Xylan solubilization was not affected by replacing 10% of the cellulase cocktail, which includes xylanases, by LPMO (Fig. 7B). Although TtAA9E has been shown to be active on cellulose-bound xylan [72], this activity did not have an apparent effect on the xylan conversion. While the efficiency of the Celluclast 1.5L + NZ-BG + LPMO cocktails surpassed that of Cellic CTec2 in reactions with pure cellulose (Avicel, containing about 1% (w/w) xylan [73]) (Fig. 3A), Cellic CTec2, a modern enzyme cocktail with improved hemicellulolytic activity and with LPMOs included, was more efficient on the xylan-rich wheat straw, releasing higher amounts of glucose and xylose throughout the saccharification reaction (Fig. 7). This aligns well with a study by Hu et al., who showed that supplementation of Celluclast 1.5 L with both xylanases and TaAA9A is required to reach similar levels of cellulose saccharification of steam pretreated pine as when using Cellic CTec2 [32]. Of note, literature speculates that TaAA9A is the dominant LPMO in Cellic CTec2 [29, 32].

Conclusion

In recent years, multiple studies have addressed the interplay between LPMOs and cellulases. Many of these studies were done with low substrate concentrations, limiting their direct applicability to real-world high-solids processing scenarios. Our study addresses the challenges associated with high-solids systems and shows the pivotal role of LPMOs in cellulolytic enzyme cocktails operating at high DM reactions that run over 24–72 h. Our results show that the positive impact of LPMOs increases throughout the reaction and with increasing DM concentrations.

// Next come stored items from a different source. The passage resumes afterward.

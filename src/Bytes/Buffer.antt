-- ===== src/Bytes/Buffer.antt =====
-- packages/bytes/src/index.ts, the class Bytes: a buffer that doubles its array as it grows. The
-- `dv` cache is the array itself. `none` means that a loop of the model ran out of fuel.
use distro.Common.{
  ℕ, zero, suc, ◌+◌, ◌-◌, ◌*◌, ◌≤◌, ◌<◌, ◌≡◌, refl, ap, sym, ◌∙◌, List, [], ◌++◌, Option, none,
  some, ltb, if◌then◌else◌, take, drop, length, replicate, arith, length-append, length-take,
  length-drop, length-replicate, take-append_exact, take-append_within, append_assoc, Bool-cases,
  inl, inr, lt→ltb, le→ltb,
}
use mathlib.Core.Option
use mathlib.Core.List.{append-nil}

pub record Bytes : Type 0 where
  pub array : List ℕ
  pub used : ℕ

unfoldable pub new : ℕ → Bytes
new capacity = record { array = replicate capacity 0; used = 0 }

-- `while (length < capacity) length *= 2`.
unfoldable pub grow : ℕ → ℕ → ℕ → Option ℕ
grow zero len capacity = none
grow (suc fuel) len capacity =
    let rest = grow fuel (len * 2) capacity in if ltb len capacity then rest else some len

unfoldable pub ensure_capacity : Bytes → ℕ → Option Bytes
ensure_capacity b capacity =
    if ltb (length b.array) capacity
    then Option.map
        (λ (len : ℕ). record b { array = b.array ++ replicate (len - length b.array) 0 })
        (grow (suc capacity) (length b.array) capacity)
    else some b

-- The offset of the new bytes is the old length.
unfoldable pub bump : Bytes → ℕ → Option Bytes
bump b n =
    Option.map (λ (b' : Bytes). record b' { used = b'.used + n }) (ensure_capacity b (b.used + n))

-- `array.set(bytes, offset)`, in bounds.
unfoldable pub overwrite : List ℕ → ℕ → List ℕ → List ℕ
overwrite array offset bytes = take offset array ++ (bytes ++ drop (offset + length bytes) array)

unfoldable pub append : Bytes → List ℕ → Option Bytes
unfolding bump
append b bytes =
    Option.map (λ (b' : Bytes). record b' { array = overwrite b'.array b.used bytes })
      (bump b (length bytes))

-- The getter `array`: a copy of the used part.
abbrev pub contents : Bytes → List ℕ
contents b = take b.used b.array

pub record IsValid (b : Bytes) : Type 0 where
  pub fits : b.used ≤ length b.array
  pub positive : 0 < length b.array

-- Each round doubles a positive length, so that one round for each missing byte is enough.
grow_total :
    (fuel len capacity : ℕ)
    → 0 < len
    → capacity < len + fuel
    → (n : ℕ) × (grow (suc fuel) len capacity ≡ some n) × (capacity ≤ n) × (len ≤ n)
unfolding grow
grow_total zero len capacity p h =
    (len, rw (le→ltb len capacity (omega arith)) refl, omega arith, omega arith)
grow_total (suc fuel) len capacity p h = elim (Bool-cases (ltb len capacity)) [
  | inl more ↦
      let (n, e, c, l) = grow_total fuel (len * 2) capacity (omega arith) (omega arith) in
      (n, rw more e, c, omega arith)
  | inr enough ↦ (len, rw enough refl, ground arith, omega arith)
]

-- From an empty array the loop that doubles a length does not reach a positive capacity with any
-- fuel: twice nothing is nothing.
pub grow_stuck : (fuel capacity : ℕ) → 0 < capacity → grow fuel 0 capacity ≡ none
unfolding grow
grow_stuck zero capacity h = refl
grow_stuck (suc fuel) capacity h = rw (lt→ltb 0 capacity h) (grow_stuck fuel capacity h)

-- What growing keeps: the old array is a prefix of the new one, and there is room.
record IsRoom (b : Bytes) (capacity : ℕ) (b' : Bytes) : Type 0 where
  tail : List ℕ
  extended : b'.array ≡ b.array ++ tail
  same_used : b'.used ≡ b.used
  room : capacity ≤ length b'.array
  no_less : length b.array ≤ length b'.array

ensure_capacity_total :
    (b : Bytes) (capacity : ℕ)
    → 0 < length b.array
    → (b' : Bytes) × (ensure_capacity b capacity ≡ some b') × IsRoom b capacity b'
unfolding ensure_capacity
ensure_capacity_total b capacity p = elim (Bool-cases (ltb (length b.array) capacity)) [
  | inl more ↦
      let (n, e, c, l) = grow_total capacity (length b.array) capacity p (omega arith) in
      let tail : List ℕ = replicate (n - length b.array) 0 in
      let size : length (b.array ++ tail) ≡ n =
        omega
          (arith, length-append b.array tail, length-replicate {A = ℕ} (n - length b.array) 0) in
      (
        record b { array = b.array ++ tail },
        rw (more, e) refl,
        record {
          tail = tail;
          extended = refl;
          same_used = refl;
          room = omega arith;
          no_less = omega arith;
        },
      )
  | inr enough ↦ (
    b,
    rw enough refl,
    record {
      tail = [];
      extended = sym (append-nil b.array);
      same_used = refl;
      room = ground arith;
      no_less = omega arith;
    },
  )
]

take-overwrite :
    (array : List ℕ) (o : ℕ) (xs : List ℕ)
    → o + length xs ≤ length array
    → take (o + length xs) (overwrite array o xs) ≡ take o array ++ xs
unfolding overwrite
take-overwrite array o xs h = rw (← append_assoc (take o array) xs _) (
    take-append_exact (o + length xs) (take o array ++ xs) _
      (omega (arith, length-append (take o array) xs, length-take o array)))

length-overwrite :
    (array : List ℕ) (o : ℕ) (xs : List ℕ)
    → o + length xs ≤ length array
    → length (overwrite array o xs) ≡ length array
unfolding overwrite
length-overwrite array o xs h = omega (
  arith,
  length-append (take o array) (xs ++ drop (o + length xs) array),
  length-append xs (drop (o + length xs) array),
  length-take o array,
  length-drop (o + length xs) array,
)

-- On a valid buffer `append` ends, keeps it valid, and puts the bytes behind the contents.
pub append_lem :
    (b : Bytes) (bytes : List ℕ)
    → IsValid b
    → (b' : Bytes) × (append b bytes ≡ some b')
      × (contents b' ≡ contents b ++ bytes)
      × (b'.used ≡ b.used + length bytes)
      × IsValid b'
unfolding append bump
append_lem b bytes v =
    let (g, e, r) = ensure_capacity_total b (b.used + length bytes) v.positive in
    let size = length-overwrite g.array b.used bytes r.room in
    (
      record { array = overwrite g.array b.used bytes; used = g.used + length bytes },
      rw e refl,
      rw r.same_used (
          take-overwrite g.array b.used bytes r.room
          ∙ ap (λ front. front ++ bytes)
              (rw r.extended (take-append_within b.used b.array r.tail v.fits))),
      omega (arith, r.same_used),
      record {
        fits = omega (arith, r.same_used, r.room, size);
        positive = omega (arith, v.positive, r.no_less, size);
      },
    )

Accumulating data in studies cited above suggest that the positive LPMO effect is multi-faceted. The increased importance of LPMOs late in saccharification reactions may be attributed to the increasing recalcitrance of the remaining substrate during the reaction, as well as to the relatively slow impact of oxidized cleavage sites on the substrate hydrophilicity and decrystallization. As to negative effects of the presence of LPMOs, recent discoveries highlight the potentially detrimental effects of copper leakage from damaged LPMOs, which may facilitate several side reactions. Our findings demonstrate that maintaining LPMO activity is crucial for the overall saccharification efficiency, not only because LPMO activity is useful, but also because free copper in solution results in detrimental side reactions with H2O2 that may damage all enzymes in the reaction. Using a different experimental approach and unaware of the fact that LPMOs catalyze productive peroxygenase and potentially damaging peroxidase reactions Scott et al. [67] reached a similar conclusion.

Importantly, our study shows that LPMO effects differ between C1- and C4-oxidizing LPMOs in a DM- and substrate-dependent manner. Thus, despite substantial research efforts in the past decades, there remains a necessity for further optimization and customization of enzyme cocktails tailored to individual feedstocks with specific compositions to attain economically sustainable lignocellulose valorization.